Christ est ressuscité
Du sein de la mort même.
Pour ceux qu'il aime
O bien suprême,
Pure félicité!
Âmes captives,
Rompez vos fers.
En de joyeux concerts,
Âmes plaintives,
Changez vos pleurs amers.
Et vous dont la bouche
Ne mentit jamais,
Hommes droits et vrais
Que sa loi touche;
Christ aujourd'hui
Est votre appui,
Christ vous appelle:
Troupe fidèle,
Venez à lui!
Pourquoi donc par là?
Nous allons au rendez-vous de chasse.
Gagnons le moulin, nous autres.
Je vous conseille plutôt d'aller au cours-d'eau.

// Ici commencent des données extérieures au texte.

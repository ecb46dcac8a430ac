-- ===== src/Stats.antt =====
-- crates/protocol/src/lib.rs: the helpers on samples of the analysis engine, `percentile`,
-- `evenly_sample_refs`, `bounded_push` and `time_buckets`.
pub mod Ranks
pub mod Samples
pub mod Even
mod Tests
use android_ebpf_studio.Prelude.{
  ℕ, zero, suc, ◌+◌, ◌-◌, ◌*◌, ◌/◌, min, max, ◌&&◌, Bool, true, false, not, Option, none, some,
  List, [], ◌∷◌, ◌++◌, ltb, leb, eqb, if◌then◌else◌, length, get_elem?, drop,
}

-- `(percentile * len).div_ceil(100).max(1)`
abbrev pub rank_of : ℕ → ℕ → ℕ
rank_of percentile count = max ((percentile * count + 99) / 100) 1

pub percentile : List ℕ → ℕ → Option ℕ
percentile [] p = none
percentile (v ∷ vs) p = get_elem? (v ∷ vs) (rank_of p (length (v ∷ vs)) - 1)

module _ {A : Type 0} where
  abbrev pub cons_some : Option A → List A → List A
  cons_some none vs = vs
  cons_some (some v) vs = v ∷ vs

  -- The samples number `index` and following, `n` of them. An index out of bounds, where the source
  -- would panic, gives no sample: `Even.length-evenly_sample_refs` shows that there is none.
  pub sample_from : List A → ℕ → ℕ → ℕ → List A
  sample_from values limit index zero = []
  sample_from values limit index (suc n) =
      cons_some (get_elem? values (index * length values / limit))
        (sample_from values limit (suc index) n)

  pub evenly_sample_refs : List A → ℕ → List A
  unfolding sample_from
  evenly_sample_refs values limit =
      if leb (length values) limit then values else sample_from values limit 0 limit

  -- `MAX_ANALYSIS_SAMPLES` is `limit`; at it, the oldest tenth is drained before the push.
  pub bounded_push : ℕ → Bool → List A → A → List A
  bounded_push limit retain_all values value =
      if not retain_all && eqb (length values) limit
      then drop (limit / 10) values ++ value ∷ []
      else values ++ value ∷ []

abbrev pub max_analysis_samples : ℕ
max_analysis_samples = 100000

pub range_from : ℕ → ℕ → List ℕ
range_from start zero = []
range_from start (suc n) = start ∷ range_from (start + 1) n

abbrev pub second_ns : ℕ
second_ns = 1000000000

pub time_buckets : ℕ → ℕ → List ℕ
unfolding range_from
time_buckets start_ts_ns end_ts_ns =
    if ltb end_ts_ns start_ts_ns
    then []
    else range_from (start_ts_ns / second_ns)
        (min (end_ts_ns / second_ns - start_ts_ns / second_ns + 1) 121)
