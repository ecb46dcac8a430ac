-- ===== src/Graph.antt =====
-- crates/protocol/src/lib.rs: `IoTransactionGraph`, `add_node`, `add_edge` and `reachable`.
pub mod Search
pub mod Order
pub mod Build
pub mod Invariant
pub mod Metrics
pub mod Origins
mod Tests
use android_ebpf_studio.Prelude.{
  ℕ, zero, suc, ◌+◌, ◌||◌, Bool, true, false, Option, none, some, List, [], ◌∷◌, ◌++◌, ltb, eqb,
  if◌then◌else◌, length, contains, nat_eq,
}
use android_ebpf_studio.Events.Node.{IoNode, IoEdge, end_or_start}

pub data GraphError : Type 0 where
  duplicate_node duplicate_edge missing_node invalid_time reverse_time : ℕ → GraphError
  cycle : GraphError

pub record IoTransactionGraph : Type 0 where
  pub transaction_id : ℕ
  pub nodes : List IoNode
  pub edges : List IoEdge

pub data GraphResult : Type 0 where
  ok : IoTransactionGraph → GraphResult
  err : GraphError → GraphResult

abbrev pub new : ℕ → IoTransactionGraph
new transaction_id = record { transaction_id = transaction_id; nodes = []; edges = [] }

-- `nodes.iter().find(|value| value.node_id == id)`
abbrev pub find_node : ℕ → List IoNode → Option IoNode
find_node id [] = none
find_node id (n ∷ ns) = if eqb n.node_id id then some n else find_node id ns

-- `nodes.iter().any(|value| value.node_id == id)`
abbrev pub has_node : ℕ → List IoNode → Bool
has_node id [] = false
has_node id (n ∷ ns) = eqb n.node_id id || has_node id ns

abbrev pub has_edge : ℕ → List IoEdge → Bool
has_edge id [] = false
has_edge id (e ∷ es) = eqb e.edge_id id || has_edge id es

pub add_node : IoTransactionGraph → IoNode → GraphResult
add_node g node =
    if ltb (end_or_start node) node.start_ts_ns
    then err (invalid_time node.node_id)
    else if has_node node.node_id g.nodes
    then err (duplicate_node node.node_id)
    else ok (record g { nodes = g.nodes ++ node ∷ [] })

-- The targets of the edges that leave a node, in the order of the edges.
abbrev pub successors : List IoEdge → ℕ → List ℕ
successors [] node = []
successors (e ∷ es) node =
    if eqb e.from_node_id node then e.to_node_id ∷ successors es node else successors es node

-- Queue and set of seen nodes after one round: a node that was seen before adds nothing.
abbrev pub expand : List IoEdge → ℕ → List ℕ → List ℕ → List ℕ × List ℕ
expand edges node queue seen =
    if contains seen node then (queue, seen) else (queue ++ successors edges node, node ∷ seen)

-- The `while` loop of `reachable`; `none` means that the fuel ran out.
pub search : ℕ → List IoEdge → ℕ → List ℕ → List ℕ → Option Bool
search zero edges target queue seen = none
search (suc fuel) edges target [] seen = some false
search (suc fuel) edges target (node ∷ queue) seen =
    let next = expand edges node queue seen in
    let rest = search fuel edges target next.0 next.1 in if eqb node target then some true else rest

abbrev pub is_found : Option Bool → Bool
is_found none = false
is_found (some b) = b

-- Every edge enters the queue at most once: `Search.search-total` shows that the fuel suffices.
pub reachable : IoTransactionGraph → ℕ → ℕ → Bool
unfolding search
reachable g start target = is_found (search (length g.edges + 2) g.edges target (start ∷ []) [])

-- The checks of `add_edge` once both endpoints are found.
abbrev pub link : IoTransactionGraph → IoEdge → Option IoNode → Option IoNode → Bool → GraphResult
link g edge none to closes = err (missing_node edge.from_node_id)
link g edge (some from) none closes = err (missing_node edge.to_node_id)
link g edge (some from) (some to) closes =
    if ltb (end_or_start to) from.start_ts_ns
    then err (reverse_time edge.edge_id)
    else if eqb edge.from_node_id edge.to_node_id || closes
    then err cycle
    else ok (record g { edges = g.edges ++ edge ∷ [] })

-- A missing endpoint is reported before the other checks, the source first; the lookups that the
-- source repeats afterwards cannot fail.
pub add_edge : IoTransactionGraph → IoEdge → GraphResult
unfolding reachable
add_edge g edge =
    if has_edge edge.edge_id g.edges
    then err (duplicate_edge edge.edge_id)
    else link g edge (find_node edge.from_node_id g.nodes) (find_node edge.to_node_id g.nodes)
        (reachable g edge.to_node_id edge.from_node_id)
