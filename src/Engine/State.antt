-- ===== src/Engine/State.antt =====
-- `AnalysisEngine`: its state, how it is built, what may be asked of it, and the recording of times
-- and of a completed request (crates/protocol/src/lib.rs). Counters that grow by one an event are
-- unbounded; sums of bytes wrap at 64 bits.
use android_ebpf_studio.Prelude.{
  ℕ, ◌+◌, ◌-◌, ◌/◌, min, max, Bool, false, Option, none, some, List, [], ◌∷◌, ◌++◌, wrapping_add,
}
use android_ebpf_studio.Events.Block.{Text, IoOperation, SchedulerIoWait}
use android_ebpf_studio.Events.File.{FileIo}
use android_ebpf_studio.Events.Node.{IoNode, IoEdge}
use android_ebpf_studio.Events.Pipeline.{PipelineLayer, PipelineObservation, IoPipeline}
use android_ebpf_studio.Events.Completed.{
  CompletedIo, completion_timestamp, issue_timestamp, start_timestamp,
}
use android_ebpf_studio.Histogram.{Histogram, record_value, latency_histogram}
use android_ebpf_studio.Graph.{IoTransactionGraph}
use android_ebpf_studio.Intervals.{Interval, merge_interval}
use android_ebpf_studio.Correlator as Correlator
use android_ebpf_studio.Correlator.{RequestCorrelator}
use android_ebpf_studio.Classifier.{Streams}
use android_ebpf_studio.Stats.{second_ns}
use android_ebpf_studio.Engine.Ordered.{modify_entry}
use android_ebpf_studio.Engine.Records.{
  AnalysisSummary, no_summary, MutableBucket, no_bucket, MutableCategory, no_category, CategoryKey,
  second_ranked, category_ranked, AnalysisIndex, SlowReason,
}

-- The request id, the issue time and the completion time.
abbrev pub CacheKey : Type 0
CacheKey = (ℕ × ℕ) × ℕ

abbrev pub PairKey : Type 0
PairKey = (PipelineLayer × ℕ) × Text

pub record AnalysisEngine : Type 0 where
  pub retain_all_evidence : Bool
  pub correlator : RequestCorrelator
  pub classifier : Streams
  pub summary : AnalysisSummary
  pub latencies_ns : List ℕ
  pub live_latency_histogram : Histogram
  pub buckets : List (ℕ × MutableBucket)
  pub categories : List (CategoryKey × MutableCategory)
  pub busy_intervals : List Interval
  pub first_ts_ns : Option ℕ
  pub last_ts_ns : Option ℕ
  pub completed : List CompletedIo
  pub scheduler_waits : List SchedulerIoWait
  pub scheduler_waits_dropped : ℕ
  pub scheduler_start_ns : Option ℕ
  pub file_ios : List FileIo
  pub pipeline_observations : List PipelineObservation
  pub pending_pipeline : List (PairKey × PipelineObservation)
  pub ambiguous_pipeline : List (PairKey × ℕ)
  pub graph_nodes : List IoNode
  pub graph_edges : List IoEdge
  pub summary_cache : Option AnalysisSummary
  pub pipeline_cache : List (CacheKey × IoPipeline)
  pub transaction_cache : List (CacheKey × IoTransactionGraph)
  pub analysis_index : Option AnalysisIndex
  pub slow_reason_cache : List (ℕ × Option SlowReason)
  pub attribution_generation : ℕ
  pub completion_window : Option (ℕ × ℕ)
  pub last_request_completion : List (ℕ × ℕ)
  pub evidence_windows : List (CacheKey × (ℕ × ℕ))

abbrev pub with_windows : ℕ → ℕ → AnalysisEngine
with_windows correlation_ttl_ns sequential_window_ns = record {
  retain_all_evidence = false;
  correlator = Correlator.new correlation_ttl_ns;
  classifier = [];
  summary = no_summary;
  latencies_ns = [];
  live_latency_histogram = latency_histogram;
  buckets = [];
  categories = [];
  busy_intervals = [];
  first_ts_ns = none;
  last_ts_ns = none;
  completed = [];
  scheduler_waits = [];
  scheduler_waits_dropped = 0;
  scheduler_start_ns = none;
  file_ios = [];
  pipeline_observations = [];
  pending_pipeline = [];
  ambiguous_pipeline = [];
  graph_nodes = [];
  graph_edges = [];
  summary_cache = none;
  pipeline_cache = [];
  transaction_cache = [];
  analysis_index = none;
  slow_reason_cache = [];
  attribution_generation = 0;
  completion_window = none;
  last_request_completion = [];
  evidence_windows = [];
}

abbrev pub window_30s : ℕ
window_30s = 30000000000

abbrev pub new : AnalysisEngine
new = with_windows window_30s 0

abbrev set_completion_window : AnalysisEngine → ℕ → ℕ → AnalysisEngine
set_completion_window e start_ns end_ns = record e { completion_window = some (start_ns, end_ns) }

abbrev pub request_cache_key : CompletedIo → CacheKey
request_cache_key io = ((io.issue.request_id, io.issue.ts_ns), io.completion.ts_ns)

-- `map_or(ts, |value| value.min(ts))`
abbrev pub min_with : Option ℕ → ℕ → ℕ
min_with none ts = ts
min_with (some value) ts = min value ts

abbrev max_with : Option ℕ → ℕ → ℕ
max_with none ts = ts
max_with (some value) ts = max value ts

abbrev pub observe_ts : AnalysisEngine → ℕ → AnalysisEngine
observe_ts e ts_ns = record e {
  first_ts_ns = some (min_with e.first_ts_ns ts_ns);
  last_ts_ns = some (max_with e.last_ts_ns ts_ns);
}

abbrev pub zip : Option ℕ → Option ℕ → Option (ℕ × ℕ)
zip (some a) (some b) = some (a, b)
zip _ _ = none

abbrev pub observe_both : AnalysisEngine → Option (ℕ × ℕ) → AnalysisEngine
observe_both e none = e
observe_both e (some (start, end)) = observe_ts (observe_ts e start) end

unfoldable pub observe_request_time : AnalysisEngine → CompletedIo → AnalysisEngine
observe_request_time e io = observe_both e (zip (start_timestamp io) (completion_timestamp io))

abbrev pub span_of : Option (ℕ × ℕ) → Option ℕ
span_of none = none
span_of (some (first, last)) = some (last - first)

abbrev pub known_time_span_ns : AnalysisEngine → Option ℕ
known_time_span_ns e = span_of (zip e.first_ts_ns e.last_ts_ns)

abbrev session_start_ns : AnalysisEngine → Option ℕ
session_start_ns e = e.first_ts_ns

-- `Option::max(Some(depth))`, where `None` is below all.
abbrev pub max_depth : Option ℕ → ℕ → Option ℕ
max_depth none depth = some depth
max_depth (some d) depth = some (max d depth)

-- A depth at the issue time enters the bucket of its second.
abbrev pub raise_depth : ℕ → MutableBucket → MutableBucket
raise_depth depth b = record b { max_queue_depth = max_depth b.max_queue_depth depth }

unfoldable pub bucket_depth : ℕ → ℕ → List (ℕ × MutableBucket) → List (ℕ × MutableBucket)
bucket_depth ts_ns depth buckets =
    modify_entry no_bucket (raise_depth depth) (ts_ns / second_ns) buckets

abbrev bucket_issue_depth : Option ℕ → ℕ → List (ℕ × MutableBucket) → List (ℕ × MutableBucket)
bucket_issue_depth none depth buckets = buckets
bucket_issue_depth (some ts) depth buckets = bucket_depth ts depth buckets

-- The first `if let` of `record_completed`.
unfoldable pub record_depth : AnalysisEngine → Option ℕ → Option ℕ → AnalysisEngine
record_depth e none issued = e
record_depth e (some depth) issued = record e {
  summary = record e.summary {
    measured_queue_depth_ios = e.summary.measured_queue_depth_ios + 1;
    max_queue_depth = max_depth e.summary.max_queue_depth depth;
  };
  buckets = bucket_issue_depth issued depth e.buckets;
}

abbrev add_bytes : AnalysisSummary → IoOperation → ℕ → AnalysisSummary
add_bytes s IoOperation.read bytes = record s { read_bytes = wrapping_add s.read_bytes bytes }
add_bytes s IoOperation.write bytes = record s { write_bytes = wrapping_add s.write_bytes bytes }
add_bytes s _ bytes = record s { other_bytes = wrapping_add s.other_bytes bytes }

abbrev pub merge_known : List Interval → Option Interval → List Interval
merge_known intervals none = intervals
merge_known intervals (some i) = merge_interval intervals i

unfoldable pub record_latency : AnalysisEngine → Option ℕ → Option Interval → AnalysisEngine
record_latency e none interval = record e {
  summary = record e.summary { unmeasured_latency_ios = e.summary.unmeasured_latency_ios + 1 };
}
record_latency e (some latency) interval = record e {
  latencies_ns = e.latencies_ns ++ latency ∷ [];
  live_latency_histogram = record_value e.live_latency_histogram latency;
  busy_intervals = merge_known e.busy_intervals interval;
}

abbrev pub add_to_bucket : ℕ → Option ℕ → MutableBucket → MutableBucket
add_to_bucket bytes none b = record b {
  completed_ios = b.completed_ios + 1;
  bytes = wrapping_add b.bytes bytes;
}
add_to_bucket bytes (some latency) b = record b {
  completed_ios = b.completed_ios + 1;
  bytes = wrapping_add b.bytes bytes;
  latency_sum_ns = b.latency_sum_ns + latency;
  latency_samples = b.latency_samples + 1;
}

-- The bucket of the completion's second; without a time the request is counted as unplaced.
unfoldable pub record_bucket : AnalysisEngine → Option ℕ → ℕ → Option ℕ → AnalysisEngine
record_bucket e none bytes latency = record e {
  summary = record e.summary { unplaced_time_ios = e.summary.unplaced_time_ios + 1 };
}
record_bucket e (some ts) bytes latency = record e {
  buckets = modify_entry no_bucket (add_to_bucket bytes latency) (ts / second_ns) e.buckets;
}

abbrev pub add_to_category : ℕ → Option ℕ → MutableCategory → MutableCategory
add_to_category bytes none c = record c {
  completed_ios = c.completed_ios + 1;
  bytes = wrapping_add c.bytes bytes;
}
add_to_category bytes (some latency) c = record c {
  completed_ios = c.completed_ios + 1;
  bytes = wrapping_add c.bytes bytes;
  latencies = c.latencies ++ latency ∷ [];
  histogram = record_value c.histogram latency;
}

abbrev pub category_key : CompletedIo → CategoryKey
category_key io = record {
  operation = io.issue.operation;
  access_pattern = io.access_pattern;
  size_class = io.size_class;
}

unfoldable pub record_category : AnalysisEngine → CategoryKey → ℕ → Option ℕ → AnalysisEngine
record_category e key bytes latency = record e {
  categories = modify_entry no_category (add_to_category bytes latency) key e.categories;
}

-- The counts that come before the latency: the request itself, its depth and its bytes.
unfoldable pub record_counts : AnalysisEngine → CompletedIo → AnalysisEngine
record_counts e io =
    let counted = record e {
      summary = record e.summary { completed_ios = e.summary.completed_ios + 1 };
    } in
    let deep = record_depth counted io.queue_depth_at_issue (issue_timestamp io) in
    record deep { summary = add_bytes deep.summary io.issue.operation io.issue.bytes }

unfoldable pub record_completed : AnalysisEngine → CompletedIo → AnalysisEngine
record_completed e io =
    let counted = record_counts e io in
    let timed =
      record_latency counted io.total_latency_ns
        (zip (start_timestamp io) (completion_timestamp io)) in
    let placed = record_bucket timed (completion_timestamp io) io.issue.bytes io.total_latency_ns in
    record_category placed (category_key io) io.issue.bytes io.total_latency_ns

La route qui y mène est trop laide.
Et toi, que fais-tu?
Je m'en vais avec les autres.
Venez à Burgdorf. Je vous jure que vous y trouverez les plus jolies filles et la meilleure bière du canton, et des affaires de première qualité.
Quel gaillard! est-ce que les épaules te démangent pour la troisième fois? Vas-y sans moi, j'ai trop peur de cet endroit-là.
Non, non, je m'en retourne à la ville.
Nous le trouverons sûrement sous ces peupliers.